» **Work item**
Using the data that follows, return exactly the lines from the one that contains "unfolding type_key" through the one that contains "served c p none = c", ends included.

» **Information shown**
-- ===== src/Interrupts/Priority.antt =====
-- Which interrupt of the devices src/cpu.rs takes between two instructions.
use cuddles.Base.{
  ℕ, zero, suc, ◌+◌, ◌%◌, ◌≡◌, refl, ap, sym, subst, ◌∙◌, Bool, true, false, ◌&&◌, Option, none,
  some, List, [], ◌∷◌, ◌==◌, ltb, leb, if◌then◌else◌, Bool-cases, inl, inr, arith,
}
use cuddles.Pit
use cuddles.Pic.{Pic, next_irq, has_pending, acknowledge}
use cuddles.Pic.Valid.{IsValid, raise_irq-IsValid}
use cuddles.Pic.Scan.{order, first_ready, next_irq-first_ready}
use cuddles.Pic.Reentry.{acknowledge-none}
use cuddles.Pic.Delivery.{acknowledge-vector}
use cuddles.Alu.{IF, get_flag}
use cuddles.Cpu.{Cpu}
use cuddles.Bus.{
  Bus, poll, catch_up, tick_timers, request_timer, type_key, request_all, request_keyboard,
  request_virtio, request_disk, pit_hz,
}
use cuddles.Interrupts.Hardware.{
  deliver_hardware_interrupt, exit_or_take, interrupt_exit, take_interrupt, interrupted,
}

-- Requests keep the controllers valid.
catch_up-pic : (fuel : ℕ) (b : Bus) → (catch_up fuel b).pic ≡ b.pic
unfolding catch_up
catch_up-pic zero b = refl
catch_up-pic (suc fuel) b =
    let later = λ (c : Bus). catch_up-pic fuel c in
    elim (Bool-cases (leb pit_hz b.pit_subsecond)) [
      | inl more ↦ rw more (later _)
      | inr done ↦ rw done refl
    ]

type_key-pic : (keys : List ℕ) (b : Bus) → (type_key keys b).pic ≡ b.pic
unfolding type_key
type_key-pic [] b = refl
type_key-pic (k ∷ keys) b = ground arith

tick_timers-IsValid : (b : Bus) → IsValid b.pic → IsValid (tick_timers b).pic
unfolding tick_timers
tick_timers-IsValid b v =
    let ticked : Bus = record b { pit = Pit.tick 4 b.pit; pit_subsecond = b.pit_subsecond + 4 } in
    subst IsValid (sym (catch_up-pic (b.pit_subsecond + 4) ticked)) v

request_timer-IsValid : (b : Bus) → IsValid b.pic → IsValid (request_timer b).pic
unfolding request_timer
request_timer-IsValid b v = elim (Bool-cases b.pit.irq0) [
  | inl on ↦ rw on (raise_irq-IsValid 0 v)
  | inr off ↦ rw off v
]

request_keyboard-IsValid : (b : Bus) → IsValid b.pic → IsValid (request_keyboard b).pic
unfolding request_keyboard
request_keyboard-IsValid b v = elim (Bool-cases b.kbd.irq1) [
  | inl on ↦ rw on (raise_irq-IsValid 1 v)
  | inr off ↦ rw off v
]

request_virtio-IsValid : (b : Bus) → IsValid b.pic → IsValid (request_virtio b).pic
unfolding request_virtio
request_virtio-IsValid b v = elim (Bool-cases b.virtio.irq) [
  | inl on ↦ rw on (raise_irq-IsValid 11 v)
  | inr off ↦ rw off v
]

request_disk-IsValid : (b : Bus) → IsValid b.pic → IsValid (request_disk b).pic
unfolding request_disk
request_disk-IsValid b v = elim (Bool-cases b.ide.busy) [
  | inl on ↦ rw on (raise_irq-IsValid 14 v)
  | inr off ↦ rw off v
]

request_all-IsValid : (b : Bus) → IsValid b.pic → IsValid (request_all b).pic
unfolding request_all
request_all-IsValid b v =
    request_disk-IsValid (request_virtio (request_keyboard b))
      (request_virtio-IsValid (request_keyboard b) (request_keyboard-IsValid b v))

poll-IsValid : (b : Bus) → IsValid b.pic → IsValid (poll b).pic
unfolding poll
poll-IsValid b v =
    let timed = request_timer (tick_timers b) in
    let timed-IsValid = request_timer-IsValid (tick_timers b) (tick_timers-IsValid b v) in
    let same = type_key-pic timed.key_script timed in
    elim (Bool-cases (b.instructions_executed % 64 == 0)) [
      | inl due ↦ rw due (
          request_all-IsValid (type_key timed.key_script timed)
            (subst IsValid (sym same) timed-IsValid))
      | inr early ↦ rw early v
    ]

-- The vector of a line.
abbrev pub vector_of : Pic → ℕ → ℕ
vector_of p l = (if ltb l 8 then p.master_base else p.slave_base) + l % 8

abbrev pub served : Cpu → Pic → Option ℕ → Cpu
served c p none = c
served c p (some l) = interrupted (vector_of p l) c

chosen :
    (c : Cpu) (p : Pic) (o : Option ℕ)
    → IsValid p
    → next_irq p ≡ o
    → (take_interrupt c p).1 ≡ served c p o
unfolding take_interrupt
chosen c p none v h = rw (acknowledge-none p h, take_interrupt) refl
chosen c p (some l) v h =
    let vector = (acknowledge-vector p l v h).0 in
    ap
      (λ o.
        (elim o as (λ o. Bool × Cpu × Pic) [
          | none ↦ (false, c, (acknowledge p).1)
          | some vector ↦ (true, interrupted vector c, (acknowledge p).1)
        ]).1)
      vector

take_interrupt_lem :
    (c : Cpu) (p : Pic) → IsValid p → (take_interrupt c p).1 ≡ served c p (first_ready p order)
take_interrupt_lem c p v =
    chosen c p (first_ready p order) v
      (next_irq-first_ready p v.master_imr8 v.slave_imr8 v.cascaded)

-- Outside a guest no interrupt is its hypervisor's.
exit_or_take-outside :
    (c : Cpu) (p : Pic) → c.vmx.in_guest ≡ false → exit_or_take c p ≡ take_interrupt c p
unfolding exit_or_take
exit_or_take-outside c p outside =
    let exited = interrupt_exit c p in
    ap (λ (g : Bool). if g && (has_pending p && exited.0) then exited else take_interrupt c p)
      outside

-- With valid controllers and outside a guest: where the poll is due and IF is set, the processor
-- is interrupted by the vector of the first line in priority order that is ready after the poll,
-- if there is one; otherwise it is left as it was.
pub deliver_hardware_interrupt_lem :
    (c : Cpu) (b : Bus)
    → IsValid b.pic
    → c.vmx.in_guest ≡ false
    → let p = (poll b).pic in
      (deliver_hardware_interrupt c b).1 ≡ (
        if b.instructions_executed % 64 == 0 && get_flag IF c.flags
        then served c p (first_ready p order)
        else c)
unfolding deliver_hardware_interrupt
deliver_hardware_interrupt_lem c b v outside =
    let taken : (exit_or_take c (poll b).pic).1
        ≡ served c (poll b).pic (first_ready (poll b).pic order) =
      ap (λ r. r.1) (exit_or_take-outside c (poll b).pic outside)
      ∙ take_interrupt_lem c (poll b).pic (poll-IsValid b v) in
    elim (Bool-cases (b.instructions_executed % 64 == 0)) [
      | inl due ↦ elim (Bool-cases (get_flag IF c.flags)) [
        | inl on ↦ rw (due, on) taken
        | inr off ↦ rw (due, off) refl
      ]
      | inr early ↦ rw early refl
    ]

» **Result for this exercise**
unfolding type_key
type_key-pic [] b = refl
type_key-pic (k ∷ keys) b = ground arith

tick_timers-IsValid : (b : Bus) → IsValid b.pic → IsValid (tick_timers b).pic
unfolding tick_timers
tick_timers-IsValid b v =
    let ticked : Bus = record b { pit = Pit.tick 4 b.pit; pit_subsecond = b.pit_subsecond + 4 } in
    subst IsValid (sym (catch_up-pic (b.pit_subsecond + 4) ticked)) v

request_timer-IsValid : (b : Bus) → IsValid b.pic → IsValid (request_timer b).pic
unfolding request_timer
request_timer-IsValid b v = elim (Bool-cases b.pit.irq0) [
  | inl on ↦ rw on (raise_irq-IsValid 0 v)
  | inr off ↦ rw off v
]

request_keyboard-IsValid : (b : Bus) → IsValid b.pic → IsValid (request_keyboard b).pic
unfolding request_keyboard
request_keyboard-IsValid b v = elim (Bool-cases b.kbd.irq1) [
  | inl on ↦ rw on (raise_irq-IsValid 1 v)
  | inr off ↦ rw off v
]

request_virtio-IsValid : (b : Bus) → IsValid b.pic → IsValid (request_virtio b).pic
unfolding request_virtio
request_virtio-IsValid b v = elim (Bool-cases b.virtio.irq) [
  | inl on ↦ rw on (raise_irq-IsValid 11 v)
  | inr off ↦ rw off v
]

request_disk-IsValid : (b : Bus) → IsValid b.pic → IsValid (request_disk b).pic
unfolding request_disk
request_disk-IsValid b v = elim (Bool-cases b.ide.busy) [
  | inl on ↦ rw on (raise_irq-IsValid 14 v)
  | inr off ↦ rw off v
]

request_all-IsValid : (b : Bus) → IsValid b.pic → IsValid (request_all b).pic
unfolding request_all
request_all-IsValid b v =
    request_disk-IsValid (request_virtio (request_keyboard b))
      (request_virtio-IsValid (request_keyboard b) (request_keyboard-IsValid b v))

poll-IsValid : (b : Bus) → IsValid b.pic → IsValid (poll b).pic
unfolding poll
poll-IsValid b v =
    let timed = request_timer (tick_timers b) in
    let timed-IsValid = request_timer-IsValid (tick_timers b) (tick_timers-IsValid b v) in
    let same = type_key-pic timed.key_script timed in
    elim (Bool-cases (b.instructions_executed % 64 == 0)) [
      | inl due ↦ rw due (
          request_all-IsValid (type_key timed.key_script timed)
            (subst IsValid (sym same) timed-IsValid))
      | inr early ↦ rw early v
    ]

-- The vector of a line.
abbrev pub vector_of : Pic → ℕ → ℕ
vector_of p l = (if ltb l 8 then p.master_base else p.slave_base) + l % 8

abbrev pub served : Cpu → Pic → Option ℕ → Cpu
served c p none = c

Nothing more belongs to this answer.